Numerical data: Polynomial transforms

Sometimes, when the ML practitioner has domain knowledge suggesting that one variable is related to the square, cube, or other power of another variable, it's useful to create a synthetic feature from one of the existing numerical features.

Consider the following spread of data points, where pink circles represent one class or category (for example, a species of tree) and green triangles another class (or species of tree):

Figure 17. y=x^2 spread of data points, with triangles below the
            curve and circles above the curve.
Figure 17. Two classes that can't be separated by a line.

It's not possible to draw a straight line that cleanly separates the two classes, but it is possible to draw a curve that does so:

Figure 18. Same image as Figure 17, only this time with y=x^2
            overlaid to create a clear boundary between the triangles and
            circles.
Figure 18. Separating the classes with y = x2.

As discussed in the Linear regression module, a linear model with one feature, $x_1$, is described by the linear equation:

$$y = b + w_1x_1$$

Additional features are handled by the addition of terms \(w_2x_2\), \(w_3x_3\), etc.

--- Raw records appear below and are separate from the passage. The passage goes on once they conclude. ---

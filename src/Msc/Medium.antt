-- ===== src/Msc/Medium.antt =====
-- The blocks that the logical units are asked to read and to write.
use usbdevice.Base.{
  ℕ, ◌+◌, ◌*◌, ◌/◌, ◌%◌, ◌≤◌, ◌<◌, ◌≡◌, ◌≢◌, Bool, true, false, refl, List, [], ◌∷◌, arith,
}
use native.Mathlib.Nat.{div-mul-le_self, le_of_mul-le-mul_right, mul-le-mul_right}
use usbdevice.Device.{Platform}
use usbdevice.Msc.{
  MscState, data_in, data_out, LuCall, lu_read, lu_write, LogicalUnit, Msc, MscCtx, current,
  word_mod,
}
use usbdevice.Msc.Blocks.{
  is_past, send_csw, receive_cbw, block_addr, transfer_len, read10, write10, in_data, process_read,
  process_write, put_sense_code, aim, read_part, write_part, move_on, part_length,
}

div_add_le : (a l b c : ℕ) → 0 < b → a + l ≤ c * b → a / b + l / b ≤ c
div_add_le a l b c pos h = le_of_mul-le-mul_right scaled pos
  where
    scaled : (a / b + l / b) * b ≤ c * b
    scaled = ground (arith, div-mul-le_self a b, div-mul-le_self l b)

-- A call stays within the blocks of its unit.
abbrev pub InUnit : (ℕ → LogicalUnit) → LuCall → Type 0
InUnit lus (lu_read lun block n) = block + n ≤ (lus lun).block_count
InUnit lus (lu_write lun bytes block n) = block + n ≤ (lus lun).block_count
InUnit lus _ = Unit

abbrev pub AllInUnit : (ℕ → LogicalUnit) → List LuCall → Type 0
AllInUnit lus [] = Unit
AllInUnit lus (x ∷ xs) = InUnit lus x × AllInUnit lus xs

-- The bytes of the current unit are counted in 32 bits.
abbrev pub IsSized : LogicalUnit → Type 0
IsSized lu = (0 < lu.block_size) × (lu.block_count * lu.block_size < word_mod)

abbrev pub is_moving : MscState → Bool
is_moving data_in = true
is_moving data_out = true
is_moving _ = false

-- The rest of a transfer, and all calls so far, stay within the units.
pub record InMedium (i : Msc) : Type 0 where
  pub sized : IsSized (current i)
  pub rest :
      is_moving i.state ≡ true
      → i.address + i.rem_length ≤ (current i).block_count * (current i).block_size
  pub inside : AllInUnit i.lus i.log

part_inside :
    (i : Msc)
    → is_moving i.state ≡ true
    → InMedium i
    → i.address / (current i).block_size + part_length i / (current i).block_size % 65536
      ≤ (current i).block_count
part_inside i m v =
    let pos = v.sized.0 in
    let rest = v.rest m in
    let fit =
      div_add_le i.address (part_length i) (current i).block_size (current i).block_count pos
        (ground arith) in
    ground arith

process_read-InMedium :
    (p : Platform) (c : MscCtx)
    → is_moving c.itf.state ≡ true
    → InMedium c.itf
    → InMedium (process_read p c).1.itf
unfolding process_read read_part move_on put_sense_code
process_read-InMedium p c m v = ground (arith, part_inside c.itf m v)

pub process_write-InMedium :
    (p : Platform) (c : MscCtx)
    → is_moving c.itf.state ≡ true
    → InMedium c.itf
    → InMedium (process_write p c).1.itf
unfolding process_write write_part move_on put_sense_code
process_write-InMedium p c m v = ground (arith, part_inside c.itf m v)

pub in_data-InMedium : (p : Platform) (c : MscCtx) → InMedium c.itf → InMedium (in_data p c).itf
unfolding in_data send_csw receive_cbw
in_data-InMedium p c v = ground (arith, process_read-InMedium p c)

-- The place that a command aims at lies within the unit, unless the sum of its block address and its
-- length wraps around.
aim_lem :
    (i : Msc)
    → IsSized (current i)
    → block_addr i + transfer_len i < word_mod
    → is_past i ≡ false
    → (aim i).address + (aim i).rem_length ≤ (current i).block_count * (current i).block_size
unfolding aim
aim_lem i z w h =
    let size = (current i).block_size in
    let scaled =
      mul-le-mul_right {m = block_addr i + transfer_len i} {n = (current i).block_count} size
        (ground arith) in
    ground (arith, scaled)

started-InMedium :
    (i : Msc) (s : MscState)
    → InMedium i
    → block_addr i + transfer_len i < word_mod
    → is_past i ≡ false
    → InMedium (record (aim i) { state = s })
unfolding aim
started-InMedium i s v w h = ground (arith, aim_lem i v.sized w h)

pub read10-InMedium :
    (p : Platform) (c : MscCtx)
    → is_moving c.itf.state ≡ false
    → block_addr c.itf + transfer_len c.itf < word_mod
    → InMedium c.itf
    → InMedium (read10 p c).1.itf
unfolding read10 put_sense_code aim
read10-InMedium p c m w v =
    let d = record c { itf = record (aim c.itf) { state = data_in } } in
    let started : is_past c.itf ≡ false → InMedium (process_read p d).1.itf =
      λ h. process_read-InMedium p d refl (started-InMedium c.itf data_in v w h) in
    ground (arith, started)

pub write10-InMedium :
    (p : Platform) (c : MscCtx)
    → is_moving c.itf.state ≡ false
    → block_addr c.itf + transfer_len c.itf < word_mod
    → InMedium c.itf
    → InMedium (write10 p c).1.itf
unfolding write10 put_sense_code aim
write10-InMedium p c m w v = ground (arith, started-InMedium c.itf data_out v w)

-- READ(10) and WRITE(10), in every branch, have the unit read and write its own blocks only, and leave
-- a transfer that lies within them: for a command whose block address and length do not wrap around in
-- 32 bits, and a unit whose size in bytes fits in 32 bits.
pub commands_stay :
    (p : Platform) (c : MscCtx)
    → InMedium c.itf
    → is_moving c.itf.state ≡ false
    → block_addr c.itf + transfer_len c.itf < word_mod
    → InMedium (read10 p c).1.itf × InMedium (write10 p c).1.itf
commands_stay p c v m w = (read10-InMedium p c m w v, write10-InMedium p c m w v)

-- During a transfer that lies within the unit, the next part, read or written, does so too, and so does
-- what remains of the transfer.
pub parts_stay :
    (p : Platform) (c : MscCtx)
    → InMedium c.itf
    → is_moving c.itf.state ≡ true
    → InMedium (in_data p c).itf × InMedium (process_write p c).1.itf
parts_stay p c v m = (in_data-InMedium p c v, process_write-InMedium p c m v)

-- The sum of block address and length is taken in 32 bits: a READ(10) of one block at the address
-- 0xFFFFFFFF passes the test of the range on every unit with blocks of 512 bytes, however small it is,
-- and has the unit read the block 0x7FFFFF.
pub read10_wraps :
    (p : Platform) (c : MscCtx)
    → (current c.itf).block_size ≡ 512
    → (current c.itf).is_ready ≡ true
    → c.itf.cbw.flags ≢ 0
    → c.itf.cbw.data_length ≡ 512
    → block_addr c.itf ≡ 0xFFFFFFFF
    → transfer_len c.itf ≡ 1
    → (read10 p c).1.itf.log ≡ lu_read c.itf.cbw.lun 0x7FFFFF 1 ∷ c.itf.log
unfolding read10 aim process_read read_part move_on put_sense_code
read10_wraps p c s r f d a t = ground arith
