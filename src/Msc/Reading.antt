-- ===== src/Msc/Reading.antt =====
-- A read that the host sees through to its end.
use usbdevice.Base.{
  ℕ, zero, suc, ◌-◌, ◌*◌, ◌%◌, ◌≤◌, ◌<◌, ◌≡◌, true, false, refl, Bool-cases, inl, inr, List, ◌∷◌,
  ◌==◌, if◌then◌else◌, arith, min,
}
use usbdevice.Device.{state_idle, Platform, in_ep, set_ep_state}
use usbdevice.Msc.{
  data_in, status_in, cmd_passed, msc_buffer_size, LuCall, Msc, MscCtx, current, word_mod,
}
use usbdevice.Msc.Blocks.{read_call, is_ok, on_msc_dev, in_data, process_read, read_part, move_on}

-- The host takes the parts of a read one after another, `n` at most: the endpoint is idle again, and
-- the class is told.
unfoldable pub serve : Platform → ℕ → MscCtx → MscCtx
serve p zero c = c
serve p (suc n) c =
    let freed = on_msc_dev (set_ep_state (in_ep (c.itf.in_ep_num % 16)) state_idle) c in
    let rest = serve p n (in_data p freed) in if c.itf.rem_length == 0 then c else rest

-- A transfer to the host under way, from a unit whose reads succeed.
pub record IsReading (i : Msc) : Type 0 where
  pub state_in : i.state ≡ data_in
  pub passed : i.csw.status ≡ cmd_passed
  pub reads : (l : List LuCall) → is_ok ((current i).read l).0 ≡ true
  pub within : i.rem_length ≤ i.csw.data_residue
  pub word : i.csw.data_residue < word_mod

in_data_lem :
    (p : Platform) (c : MscCtx)
    → IsReading c.itf
    → let i = (in_data p c).itf in
      let len = min c.itf.rem_length msc_buffer_size in
      (i.rem_length ≡ c.itf.rem_length - len)
      × (i.csw.data_residue ≡ c.itf.csw.data_residue - len)
      × (i.csw.status ≡ cmd_passed)
      × (i.state ≡ (if c.itf.rem_length - len == 0 then status_in else data_in))
      × (current i ≡ current c.itf)
unfolding in_data process_read read_part move_on
in_data_lem p c h = ground (arith, h.reads (read_call c.itf ∷ c.itf.log))

serve_done : (p : Platform) (n : ℕ) (c : MscCtx) → c.itf.rem_length ≡ 0 → serve p n c ≡ c
unfolding serve
serve_done p zero c e = refl
serve_done p (suc n) c e = rw e refl

-- A read ends: once the host has taken as many parts of 512 bytes as the length asks for, nothing
-- remains, the residue is smaller by the whole length, the command has passed, and the next transfer is
-- its status. (For a unit whose reads succeed.)
pub serve_ends :
    (p : Platform) (n : ℕ) (c : MscCtx)
    → IsReading c.itf
    → 0 < c.itf.rem_length
    → c.itf.rem_length ≤ n * msc_buffer_size
    → let i = (serve p n c).itf in
      (i.state ≡ status_in)
      × (i.rem_length ≡ 0)
      × (i.csw.data_residue ≡ c.itf.csw.data_residue - c.itf.rem_length)
      × (i.csw.status ≡ cmd_passed)
unfolding serve
serve_ends p zero c h pos le = absurd (omega arith)
serve_ends p (suc n) c h pos le =
    let freed = on_msc_dev (set_ep_state (in_ep (c.itf.in_ep_num % 16)) state_idle) c in
    let next = in_data p freed in
    let (rem, residue, passed, state, unit) = in_data_lem p freed h in
    let within = h.within in
    let word = h.word in
    let nonzero : (c.itf.rem_length == 0) ≡ false = ground arith in
    rw nonzero (elim (Bool-cases (next.itf.rem_length == 0)) [
      | inl e ↦
          rw (serve_done p n next (ground arith)) (ground arith, ground arith, ground arith, passed)
      | inr e ↦
          let more : 0 < next.itf.rem_length = ground arith in
          let reading : IsReading next.itf = record {
            state_in = ground arith;
            passed = passed;
            reads = rw unit h.reads;
            within = ground arith;
            word = ground arith;
          } in
          let (state', rem', residue', passed') = serve_ends p n next reading more (ground arith) in
          (state', rem', ground arith, passed')
    ])
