-- ===== src/Msc/Recovery.antt =====
-- Commands that are not valid, and commands that get no answer.
use usbdevice.Base.{
  ℕ, ◌≡◌, ◌≢◌, ◌⊎◌, inl, inr, true, false, refl, arith, ◌∷◌, get_or, ◌∙◌, ap, List, [], ◌<◌, subst,
  sym,
}
use usbdevice.Device.{
  Platform, EpRef, get_ep, pd_ep_set_stall, Device, state_idle, set_transfer_length, set_ep_state,
  ep_call, pd_ep_clear_stall,
}
use usbdevice.Endpoint.{ep_set_stall, ep_addr2ref}
use usbdevice.Msc.{MscState, command_out, stall, failing, Msc, MscCtx}
use usbdevice.Msc.Blocks.{on_msc, put_sense_code, illegal_request, in_data}
use usbdevice.Msc.Commands.{
  process_command, send_response, route_command, start_stop_unit, prevent_allow_medium_removal,
  mode_sense10,
}
use usbdevice.Msc.Transport.{
  out_data, out_data_at, take_command, close_command, reject_cbw, open_status, is_valid_cbw,
  cbw_sign,
}

-- The events in the error.
pub data LockedEvent : Type 0 where
  locked_out : EpRef → LockedEvent
  locked_in : LockedEvent
  host_event : (Device → Device) → LockedEvent

-- What the host and the driver have done to the device by them.
unfoldable pub changed : List LockedEvent → Device → Device
changed [] d = d
changed (host_event f ∷ es) d = changed es (f d)
changed (_ ∷ es) d = changed es d

module _ (p : Platform) where
  -- The driver and the device after CLEAR_FEATURE(ENDPOINT_HALT) for the endpoint with this address.
  abbrev pub halt_cleared : ℕ → Device → Device
  halt_cleared a d =
      let r = ep_addr2ref a in
      set_transfer_length r 0 (set_ep_state r state_idle (ep_call p r (pd_ep_clear_stall a) d))

  -- What may happen in the error: both callbacks, and whatever the host and the driver do to the
  -- device between them. The reset, which is a request to the class, is not among them.
  unfoldable pub meanwhile : List LockedEvent → MscCtx → MscCtx
  meanwhile [] c = c
  meanwhile (locked_out ep ∷ es) c = meanwhile es (out_data p ep c)
  meanwhile (locked_in ∷ es) c = meanwhile es (in_data p c)
  meanwhile (host_event f ∷ es) c = meanwhile es (record c { dev = f c.dev })

  still :
      (ep : EpRef) (c : MscCtx) → c.itf.state ≡ stall → c.itf.status ≡ failing → out_data p ep c ≡ c
  unfolding out_data
  still ep c s f = ground arith

  in_still : (c : MscCtx) → c.itf.state ≡ stall → c.itf.status ≡ failing → in_data p c ≡ c
  unfolding in_data
  in_still c s f = ground arith

  abbrev KeepsLocked : List LockedEvent → MscCtx → MscCtx → Type 0
  KeepsLocked es c x = ((meanwhile es x).itf ≡ c.itf) × ((meanwhile es x).dev ≡ changed es c.dev)

  locked :
      (es : List LockedEvent) (c : MscCtx)
      → c.itf.state ≡ stall
      → c.itf.status ≡ failing
      → ((meanwhile es c).itf ≡ c.itf) × ((meanwhile es c).dev ≡ changed es c.dev)
  unfolding meanwhile changed
  locked [] c s f = (refl, refl)
  locked (locked_out ep ∷ es) c s f =
      subst (KeepsLocked es c) (sym (still ep c s f)) (locked es c s f)
  locked (locked_in ∷ es) c s f = subst (KeepsLocked es c) (sym (in_still c s f)) (locked es c s f)
  locked (host_event g ∷ es) c s f = locked es (record c { dev = g c.dev }) s f

  reject_lem :
      (len : ℕ) (i : Msc)
      → (len ≢ 31)
        ⊎ ((i.cbw.signature ≢ cbw_sign)
            ⊎ ((i.max_lun < i.cbw.lun) ⊎ ((i.cbw.cb_length ≡ 0) ⊎ (16 < i.cbw.cb_length))))
      → is_valid_cbw len i ≡ false
  unfolding is_valid_cbw
  reject_lem len i h = ground arith

  -- While the interface waits for a command, a wrapper of another length than 31 bytes, or with another signature, an unknown logical unit
  -- or a command of no or more than 16 bytes, stalls both endpoints, is recorded as an illegal
  -- request, and calls no logical unit. Until the host resets the interface, whatever the callbacks of
  -- both endpoints and changes of the device come then, in whatever order, the interface stays as it is
  -- and the callbacks do nothing to the device: it is changed by those changes alone.
  pub bad_cbw_locks :
      (ep : EpRef) (es : List LockedEvent) (c : MscCtx)
      → c.itf.state ≡ command_out
      → ((get_ep ep c.dev).transfer_length ≢ 31)
        ⊎ ((c.itf.cbw.signature ≢ cbw_sign)
            ⊎ ((c.itf.max_lun < c.itf.cbw.lun)
                ⊎ ((c.itf.cbw.cb_length ≡ 0) ⊎ (16 < c.itf.cbw.cb_length))))
      → let v = out_data p ep c in
        (v.dev.calls
          ≡ pd_ep_set_stall c.itf.in_ep_num ∷ pd_ep_set_stall c.itf.out_ep_num ∷ c.dev.calls)
        × (v.itf.sense_key ≡ illegal_request)
        × (v.itf.log ≡ c.itf.log)
        × ((meanwhile es v).itf ≡ v.itf)
        × ((meanwhile es v).dev ≡ changed es v.dev)
  unfolding out_data take_command reject_cbw put_sense_code open_status ep_set_stall
  bad_cbw_locks ep es c s bad =
      let refused = reject_lem (get_ep ep c.dev).transfer_length c.itf bad in
      ground (arith, refused, locked es (out_data p ep c))

  at_command :
      (s : MscState) (len : ℕ) (c : MscCtx)
      → s ≡ command_out
      → out_data_at p s len c ≡ take_command p len c
  at_command s len c e = rw e refl

  take_valid :
      (ep : EpRef) (c : MscCtx)
      → c.itf.state ≡ command_out
      → is_valid_cbw (get_ep ep c.dev).transfer_length c.itf ≡ true
      → out_data p ep c ≡ close_command p (process_command p (on_msc open_status c))
  unfolding out_data take_command
  take_valid ep c s ok = at_command c.itf.state _ c s ∙ rw ok refl

  -- The commands with a response of length 0, and what is left of them.
  abbrev pub Silent : Msc → Type 0
  Silent i =
      (get_or i.cbw.cb 0 0 ≡ 0x1B)
      ⊎ ((get_or i.cbw.cb 0 0 ≡ 0x1E)
          ⊎ ((get_or i.cbw.cb 0 0 ≡ 0x5A) × (get_or i.cbw.cb 6 0 ≡ 0) × (get_or i.cbw.cb 7 0 ≡ 0)))

  Silent-route :
      (c : MscCtx)
      → Silent c.itf
      → let v = route_command p (get_or c.itf.cbw.cb 0 0) c in
        (v.0 ≡ 0)
        × (v.1.itf.state ≡ c.itf.state)
        × (v.1.itf.csw.status ≡ c.itf.csw.status)
        × (v.1.itf.cbw ≡ c.itf.cbw)
        × (v.1.dev ≡ c.dev)
  unfolding route_command start_stop_unit prevent_allow_medium_removal mode_sense10
  Silent-route c (inl e) = rw e (refl, refl, refl, refl, refl)
  Silent-route c (inr (inl e)) = rw e (refl, refl, refl, refl, refl)
  Silent-route c (inr (inr (e, f, g))) = rw e (ground arith, refl, refl, refl, refl)

  send_nothing : (v : ℕ × MscCtx) → v.0 ≡ 0 → send_response p v ≡ v.1
  unfolding send_response
  send_nothing (len, c) e = ground arith

  close_passed :
      (c : MscCtx)
      → c.itf.cbw.data_length ≢ 0
      → c.itf.csw.status ≡ 0
      → ((close_command p c).itf.state ≡ c.itf.state) × ((close_command p c).dev ≡ c.dev)
  unfolding close_command
  close_passed c n e = ground arith

  -- A valid command that asks for data, but is START STOP UNIT, PREVENT ALLOW MEDIUM REMOVAL, or
  -- MODE SENSE(10) with an allocation length below 256, which stands in the bytes 7 and 8, gets no
  -- answer: the interface waits for a command, and asks the driver neither to send its data or its
  -- status, nor to stall, nor to receive the next command.
  silent_lem :
      (ep : EpRef) (c : MscCtx)
      → c.itf.state ≡ command_out
      → is_valid_cbw (get_ep ep c.dev).transfer_length c.itf ≡ true
      → c.itf.cbw.data_length ≢ 0
      → (get_or c.itf.cbw.cb 0 0 ≡ 0x1B)
        ⊎ ((get_or c.itf.cbw.cb 0 0 ≡ 0x1E)
            ⊎ ((get_or c.itf.cbw.cb 0 0 ≡ 0x5A)
                × (get_or c.itf.cbw.cb 6 0 ≡ 0)
                × (get_or c.itf.cbw.cb 7 0 ≡ 0)))
      → ((out_data p ep c).itf.state ≡ command_out) × ((out_data p ep c).dev ≡ c.dev)
  unfolding out_data take_command process_command open_status
  silent_lem ep c s ok n e =
      let o = on_msc open_status c in
      let v = route_command p (get_or c.itf.cbw.cb 0 0) o in
      let (len, state, status, cbw, dev) = Silent-route o e in
      let sent = send_nothing v len in
      let (closed, same) =
        close_passed (process_command p o) (rw (sent, cbw) n) (rw (sent, status) refl) in
      let taken = take_valid ep c s ok in
      (
        ap (λ x. x.itf.state) taken ∙ (closed ∙ (rw sent state ∙ s)),
        ap (λ x. x.dev) taken ∙ (same ∙ rw sent dev),
      )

Gradient descent finds the weight $w_1$ (or weights \(w_1\), \(w_2\), \(w_3\), in the case of additional features) that minimizes the loss of the model. But the data points shown cannot be separated by a line. What can be done?

It's possible to keep both the linear equation and allow nonlinearity by defining a new term, \(x_2\), that is simply \(x_1\) squared:

$$x_2 = x_1^2$$

This synthetic feature, called a polynomial transform, is treated like any other feature. The previous linear formula becomes:

$$y = b + w_1x_1 + w_2x_2$$

This can still be treated like a linear regression problem, and the weights determined through gradient descent, as usual, despite containing a hidden squared term, the polynomial transform. Without changing how the linear model trains, the addition of a polynomial transform allows the model to separate the data points using a curve of the form $y = b + w_1x + w_2x^2$.

Usually the numerical feature of interest is multiplied by itself, that is, raised to some power. Sometimes an ML practitioner can make an informed guess about the appropriate exponent. For example, many relationships in the physical world are related to squared terms, including acceleration due to gravity, the attenuation of light or sound over distance, and elastic potential energy.

A related concept in categorical data is the feature cross, which more frequently synthesizes two different features.